Krause, Egon (ed.) et al., High performance computing in science and engineering ’98. Transactions of the High Performance Computing Center Stuttgart (HLRS) 1998. 1st workshop, Stuttgart, Germany, June 22-24, 1998. Berlin: Springer. 308-325 (1999).
Summary: This paper presents results of a numerical study for unsteady three-dimensional, incompressible flow. A finite element multigrid method is used in combination with operator splitting technique and upwind discretization for the convective term. A nonconforming element pair, living on hexahedrons, which is of order \(O(h^2/h)\) for velocity/pressure, is used for spatial discretization. The second-order fractional-step-\(\theta\)-scheme is employed for the time discretization.
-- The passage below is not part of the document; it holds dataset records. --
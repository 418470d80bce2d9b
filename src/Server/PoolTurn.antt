-- ===== src/Server/PoolTurn.antt =====
-- What a turn of a thread of the pool, of src/threadpool/ThreadPool.cpp, leaves alone in the server
-- of src/socket/server/TcpServerSocket.cpp: all but the pool and the calls of the receiver.
use eventplus.Prelude.{
  ℕ, ◌≡◌, refl, inl, inr, List, if◌then◌else◌, Bool, true, false, Option, none, some, ok,
  first_link, Option-cases, get_elem?, subst,
}
use eventplus.Common.Details.{
  Ptr, EventType, blank, new_connection, closed_connection, incoming_data,
}
use eventplus.ThreadPool.{Worker, testing, waiting, exited, running, execute, TaskFunction}
use eventplus.ThreadPool
use eventplus.Server.State.{Server, Delivery, deref}
use eventplus.Server.Connections.{handle_call_back_event, deliver}
use eventplus.Server.System.{run_task, after_step, worker_turn}
use eventplus.Server.Refinement.{same_server}

module _ {W : Type 0} where
  abbrev pub PoolOnly : Server W → Server W → Type 0
  PoolOnly s s' =
      (s'.socket_event_handler ≡ s.socket_event_handler)
      × (s'.event_scheduler ≡ s.event_scheduler)
      × (s'.event_store ≡ s.event_store)
      × (s'.client_event_stores ≡ s.client_event_stores)
      × (s'.cell ≡ s.cell)

  of_server : (s s' t : Server W) → ok t ≡ ok s' → PoolOnly s t → PoolOnly s s'
  of_server s s' t e same = subst (PoolOnly s) (same_server t s' e) same

  told :
      (s : Server W) (calls : List Delivery) (b : Bool)
      → PoolOnly s (if b then record s { deliveries = calls } else s)
  told s calls true = (refl, refl, refl, refl, refl)
  told s calls false = (refl, refl, refl, refl, refl)

  deliver-PoolOnly : (kind : EventType) (q : Ptr) (s : Server W) → PoolOnly s (deliver kind q s)
  unfolding deliver
  deliver-PoolOnly blank q s = (refl, refl, refl, refl, refl)
  deliver-PoolOnly new_connection q s = told s _ s.event_receiver
  deliver-PoolOnly closed_connection q s = told s _ s.event_receiver
  deliver-PoolOnly incoming_data q s = told s _ s.event_receiver

  run_task-PoolOnly :
      (t : Option (TaskFunction × Option Ptr)) (s s' : Server W)
      → run_task t s ≡ ok s'
      → PoolOnly s s'
  unfolding run_task handle_call_back_event
  run_task-PoolOnly none s s' e = of_server s s' _ e (refl, refl, refl, refl, refl)
  run_task-PoolOnly (some (ThreadPool.handle_io_event, p)) s s' e =
      of_server s s' _ e (refl, refl, refl, refl, refl)
  run_task-PoolOnly (some (ThreadPool.handle_call_back_event, p)) s s' e =
      let ((q, st), read, e') = first_link (deref p s) s' e in
      of_server s s' _ e' (deliver-PoolOnly st.event_type q s)

  after_step-PoolOnly : (w : Worker) (s s' : Server W) → after_step w s ≡ ok s' → PoolOnly s s'
  unfolding after_step
  after_step-PoolOnly testing s s' e = of_server s s' _ e (refl, refl, refl, refl, refl)
  after_step-PoolOnly waiting s s' e = of_server s s' _ e (refl, refl, refl, refl, refl)
  after_step-PoolOnly exited s s' e = of_server s s' _ e (refl, refl, refl, refl, refl)
  after_step-PoolOnly (running t) s s' e = run_task-PoolOnly (execute t) s s' e

  pub worker_turn-PoolOnly : (i : ℕ) (s s' : Server W) → worker_turn i s ≡ ok s' → PoolOnly s s'
  unfolding worker_turn
  worker_turn-PoolOnly i s s' e =
      elim (Option-cases (get_elem? s.io_worker.thread_pool.workers i)) [
        | inl none_there ↦
            of_server s s' _ (rw (none_there, worker_turn) at e) (refl, refl, refl, refl, refl)
        | inr (w, there) ↦ after_step-PoolOnly w _ s' (rw (there, worker_turn) at e)
      ]
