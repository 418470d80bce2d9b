-- ===== src/Server/Threads/Turn.antt =====
-- A step of one polling thread of src/networkevent/SocketEventHandler.cpp, for all the threads of
-- the server.
use eventplus.Prelude.{
  ◌<◌, ◌≡◌, refl, ap, inl, inr, List, [], ◌∷◌, some, Returns, Returns-map, Returns-ok, Returns->>=,
  Bool-cases,
}
use eventplus.Common.Details.{Poller, listener, scheduled, client_poller, HandlerClass}
use eventplus.Common.Os.{Os, EpollEvent}
use eventplus.Common.Handler.{BaseSocketHandler, HandlerLaws}
use eventplus.NetworkEvent.Polling.{process_event}
use eventplus.NetworkEvent.Turns.{Place, at_test, in_batch, left_loop, polling_turn}
use eventplus.Server.Connections.{Uninit}
use eventplus.Server.System.{own_handler, callbacks}
use eventplus.Server.Beside.{process_event-Beside}
use eventplus.Server.Door.{process_event-Admits}
use eventplus.Server.Polled.{process_event-IsWorking}
use eventplus.Server.Total.{IsWorking}
use eventplus.Server.Threads.{System, batch, Names, Pending, Promises}
use eventplus.Server.Threads.Steady.{IsSteady, After, elsewhere, Beside-After, Admits-After}

module _ {W : Type 0} (os : Os W) (table : HandlerClass → BaseSocketHandler W)
    (laws : (c : HandlerClass) → HandlerLaws (table c)) (uninit : Uninit) where
  handled :
      (who : Poller) (e : EpollEvent) (es : List EpollEvent) (x : System W)
      → IsSteady x
      → Names who e es x.server
      → Pending who es x.server
      → Promises os table uninit who (in_batch (e ∷ es)) x
      → Returns (After who es x) (process_event (callbacks os table uninit who) e x.server)
  handled client_poller e es x v nobody told promised = absurd nobody
  handled listener e es x v (p, there, door, stays) told promised =
      let (st, live) = v.working.owners.listening p door in
      let this : e ≡ record { events = e.events; ptr = some p } =
        ap (λ o. record { events = e.events; ptr = o }) there in
      let run =
        process_event (callbacks os table uninit listener)
          (record { events = e.events; ptr = some p }) x.server in
      rw this (
        Returns-map _ _ run
          (Returns-ok IsWorking run
            (process_event-IsWorking os table laws uninit listener e.events p x.server v.working
              (st, live))
            (λ s' ran.
              process_event-Admits os table laws uninit listener e.events p st x.server s' v.working
                door live stays v.wired.to_door ran))
          λ s' (good, a). Admits-After _ es x s' v (promised p st there live) told a good)
  handled (scheduled i) e es x v (p, st, there, is, watched, once) told promised =
      let this : e ≡ record { events = e.events; ptr = some p } =
        ap (λ o. record { events = e.events; ptr = o }) there in
      let run =
        process_event (callbacks os table uninit (scheduled i))
          (record { events = e.events; ptr = some p }) x.server in
      let lt : i < x.server.event_scheduler.num_threads =
        rw watched at (v.working.owners.ready p st is.0).0 in
      rw this (
        Returns-map _ _ run
          (Returns-ok IsWorking run
            (process_event-IsWorking os table laws uninit (scheduled i) e.events p x.server
              v.working (st, is.0))
            (λ s' ran.
              process_event-Beside os table uninit (scheduled i) e.events p st x.server s'
                (v.wired.to_pool i lt) is ran))
          λ s' (good, b). Beside-After i e es p st x s' v is watched once told b good)

  -- The thread makes its next step.
  pub polling_turn-After :
      (who : Poller) (x : System W)
      → IsSteady x
      → (place : Place) → Pending who (batch place) x.server
      → Promises os table uninit who place x
      → Returns
          (λ (place', s'). After who (batch place') x s')
          (polling_turn (callbacks os table uninit who) place x.server)
  unfolding polling_turn
  polling_turn-After who x v at_test told promised =
      elim (Bool-cases (own_handler who x.server).continue_polling) [
        | inl on ↦ rw on (elsewhere who _ x _ v promised)
        | inr off ↦ rw off (v.working, (λ w. refl, refl, refl), tt, λ other n. v.pending other)
      ]
  polling_turn-After who x v (in_batch []) told promised =
      (v.working, (λ w. refl, refl, refl), tt, λ other n. v.pending other)
  polling_turn-After who x v (in_batch (e ∷ es)) (names, told) promised =
      Returns->>= _ _ (process_event (callbacks os table uninit who) e x.server) _
        (handled who e es x v names told promised) λ s' after. after
  polling_turn-After who x v left_loop told promised =
      (v.working, (λ w. refl, refl, refl), tt, λ other n. v.pending other)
For this approach, we present the parallel implementation of a multigrid code for MIMD computers with message passing and distributed memory. Multiplicative multigrid methods are considered as stand-alone iterations. We present a very efficient implementation of Gauß-Seidel respectively SOR smoothers, which have the same amount of communication as a Jacobi smoother. As well we present measured MFLOP for Blas 1 and Lin routines (as SAXPY) for different vector lengths. The measured performances are between 20 MFLOP for large vector length and 450 MFLOP for short vector length.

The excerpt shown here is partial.